LombokPost-Dua kursi anggota DPRD Lombok Tengah masih lowong dan menunggu proses pergantian antar waktu (PAW).
Kedua kursi tersebut sebelumnya milik Lalu Nursai dari Partai Persatuan Pembangunan (PPP) dan Mahrup dari Partai Keadilan Sejahtera (PKS).
“Yang sedang berproses dalam waktu dekat ini adalah PKS, kursi Mahrup digantikan Dono Kasino Indro (DKI),” ucap Wakil Ketua III DPRD Lombok Tengah Uhibbussaadi usai pengambilan sumpah/janji anggota dewan sisa masa jabatan 2024-2029 di ruang sidang utama DPRD Lombok Tengah pada Lombok Post, Senin (24/11).
Pada kesempatan itu, pimpinan sidang Lalu Ramdan mengambil sumpah/janji Rasidi sebagai anggota dewan menggantikan almarhum Lalu Erlan dengan sisa masa jabatan 2024-2029.
Sebelumnya terdapat tiga kursi dewan yang lowong. Dengan dilantiknya Rasidi dari Golkar, kini tersisa dua kursi dari PPP dan PKS.

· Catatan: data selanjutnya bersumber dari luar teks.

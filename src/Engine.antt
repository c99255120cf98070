-- ===== src/Engine.antt =====
-- The key-value metadata engine of include/nebulastore/metadata/meta_engine.h.
pub mod Client
pub mod Codec
pub mod Operations
pub mod Reads
pub mod Keys
pub mod Entries
pub mod Listing
mod Tests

“Seharusnya (pelantikan anggota DKI) bisa bersamaan, namun di provinsi ada kesalahan sehingga surat keputusannya tidak lengkap yang seharusnya ada dua, SK pemberhentian dan pengangkatan. InsyaAllah pekan ini selesai,” ucap Ketua DPW PKS NTB ini.

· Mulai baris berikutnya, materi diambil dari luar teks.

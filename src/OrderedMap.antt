-- ===== src/OrderedMap.antt =====
-- `std::map<std::string, std::string>` and the key space of a RocksDB database: entries in the
-- order of their keys.
pub mod Laws
pub mod Prefix
use nimbus_store.Base.{
  List, [], ◌∷◌, Option, none, some, Ordering, ◌≡◌, All, if◌then◌else◌, not, keep,
}
use nimbus_store.Bytes.{Bytes, cmp, bytes_eq, bytes_lt}

abbrev pub Map : Type 0
Map = List (Bytes × Bytes)

unfoldable pub find : Bytes → Map → Option Bytes
find k [] = none
find k ((j, v) ∷ m) = if bytes_eq k j then some v else find k m

-- `m[k] = v`
unfoldable pub insert : Bytes → Bytes → Map → Map
insert k v [] = (k, v) ∷ []
insert k v ((j, w) ∷ m) = elim (cmp k j) [
  | Ordering.lt ↦ (k, v) ∷ (j, w) ∷ m
  | Ordering.eq ↦ (k, v) ∷ m
  | Ordering.gt ↦ (j, w) ∷ insert k v m
]

unfoldable pub erase : Bytes → Map → Map
erase k [] = []
erase k ((j, w) ∷ m) = if bytes_eq k j then erase k m else (j, w) ∷ erase k m

-- The entries at and after a key, in order: what an iterator yields after `Seek(k)`.
unfoldable pub seek_from : Bytes → Map → Map
seek_from k = keep (λ e. not (bytes_lt e.0 k))

abbrev pub Above : Bytes → Map → Type 0
Above k = All (λ e. cmp k e.0 ≡ Ordering.lt)

abbrev pub Sorted : Map → Type 0
Sorted [] = Unit
Sorted ((k, v) ∷ m) = Above k m × Sorted m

Terkait kursi PPP yang belum terisi, Uhibbussaadi menyebut hal itu menjadi ranah internal parpol. Ia mengakui kekosongan anggota DPRD Lombok Tengah lebih dari setahun berdampak pada alat kelengkapan dewan (AKD).

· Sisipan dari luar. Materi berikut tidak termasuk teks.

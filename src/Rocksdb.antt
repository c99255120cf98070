-- ===== src/Rocksdb.antt =====
-- The RocksDB library, which the repository links and does not contain: an interface with the
-- calls that the sources make, and the documented behaviour that they rely on as a record of
-- laws. A call that writes returns the database beside `none` for an OK status, or the message.
pub mod InMemory
use nimbus_store.Base.{List, [], ◌∷◌, Option, none, some, ◌≡◌}
use nimbus_store.Bytes.{Bytes}
use nimbus_store.OrderedMap.{Map, find, insert, erase, seek_from, Sorted}

pub data ReadResult : Type 0 where
  found : Bytes → ReadResult
  not_found : ReadResult
  read_error : Bytes → ReadResult

pub data BatchOp : Type 0 where
  batch_put : Bytes → Bytes → BatchOp
  batch_delete : Bytes → BatchOp

pub record Rocksdb : Type 1 where
  pub Db : Type 0
  pub get : Db → Bytes → ReadResult
  pub put : Db → Bytes → Bytes → Db × Option Bytes
  pub delete : Db → Bytes → Db × Option Bytes
  pub write : Db → List BatchOp → Db × Option Bytes
  -- what an iterator yields from `Seek`, and its final status
  pub seek : Db → Bytes → Map × Option Bytes

unfoldable pub apply_op : BatchOp → Map → Map
apply_op (batch_put k v) m = insert k v m
apply_op (batch_delete k) m = erase k m

unfoldable pub apply_batch : List BatchOp → Map → Map
apply_batch [] m = m
apply_batch (o ∷ ops) m = apply_batch ops (apply_op o m)

unfoldable pub read_of : Option Bytes → ReadResult
read_of none = not_found
read_of (some v) = found v

-- A database whose reads do not fail: it is an ordered map, a write that reports OK is applied
-- whole, and one that reports an error is not applied.
pub record IsOrderedStore (r : Rocksdb) : Type 1 where
  pub entries : r.Db → Map
  pub sorted : (d : r.Db) → Sorted (entries d)
  pub get_entries : (d : r.Db) (k : Bytes) → r.get d k ≡ read_of (find k (entries d))
  pub put_done :
      (d : r.Db) (k v : Bytes)
      → (r.put d k v).1 ≡ none
      → entries (r.put d k v).0 ≡ insert k v (entries d)
  pub put_failed :
      (d : r.Db) (k v e : Bytes) → (r.put d k v).1 ≡ some e → entries (r.put d k v).0 ≡ entries d
  pub delete_done :
      (d : r.Db) (k : Bytes)
      → (r.delete d k).1 ≡ none
      → entries (r.delete d k).0 ≡ erase k (entries d)
  pub delete_failed :
      (d : r.Db) (k e : Bytes) → (r.delete d k).1 ≡ some e → entries (r.delete d k).0 ≡ entries d
  pub write_done :
      (d : r.Db) (ops : List BatchOp)
      → (r.write d ops).1 ≡ none
      → entries (r.write d ops).0 ≡ apply_batch ops (entries d)
  pub write_failed :
      (d : r.Db) (ops : List BatchOp) (e : Bytes)
      → (r.write d ops).1 ≡ some e
      → entries (r.write d ops).0 ≡ entries d
  pub seek_entries : (d : r.Db) (k : Bytes) → r.seek d k ≡ (seek_from k (entries d), none)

“Sampai hari ini, setelah meninggalnya almarhum Jumedan yang akan menggantikan Lalu Nursai belum ada informasi lagi di meja pimpinan dewan,” jelasnya.
Ketua Komisi Pemilihan Umum (KPU) Lombok Tengah Hendri Harliawan menegaskan, PAW menjadi kewenangan parpol. Secara kelembagaan, KPU hanya memproses jika DPRD Loteng mengajukan surat permohonan calon pengganti.
“Ada verifikasinya, klarifikasinya kepada pihak terkait terutama parpol. Siapa yang akan diajukan baru kami proses,” singkatnya.
Anggota DPRD Lombok Tengah Rasidi menyampaikan, pascapelantikan Fraksi Golkar belum memutuskan komisi tempat ia bertugas. Ia menegaskan akan menjalankan amanah dengan penuh tanggung jawab.
Bupati Lombok Tengah Lalu Pathul Bahri menegaskan kerja-kerja eksekutif untuk membangun Gumi Tastura memerlukan kolaborasi DPRD Loteng sesuai tugas dan fungsinya.
“Kepada Rasidi selamat datang mengemban tugas, kolaborasi dan sinergitas bersama teman-teman dewan untuk bersinergi melaksanakan pemerintahan,” singkatnya.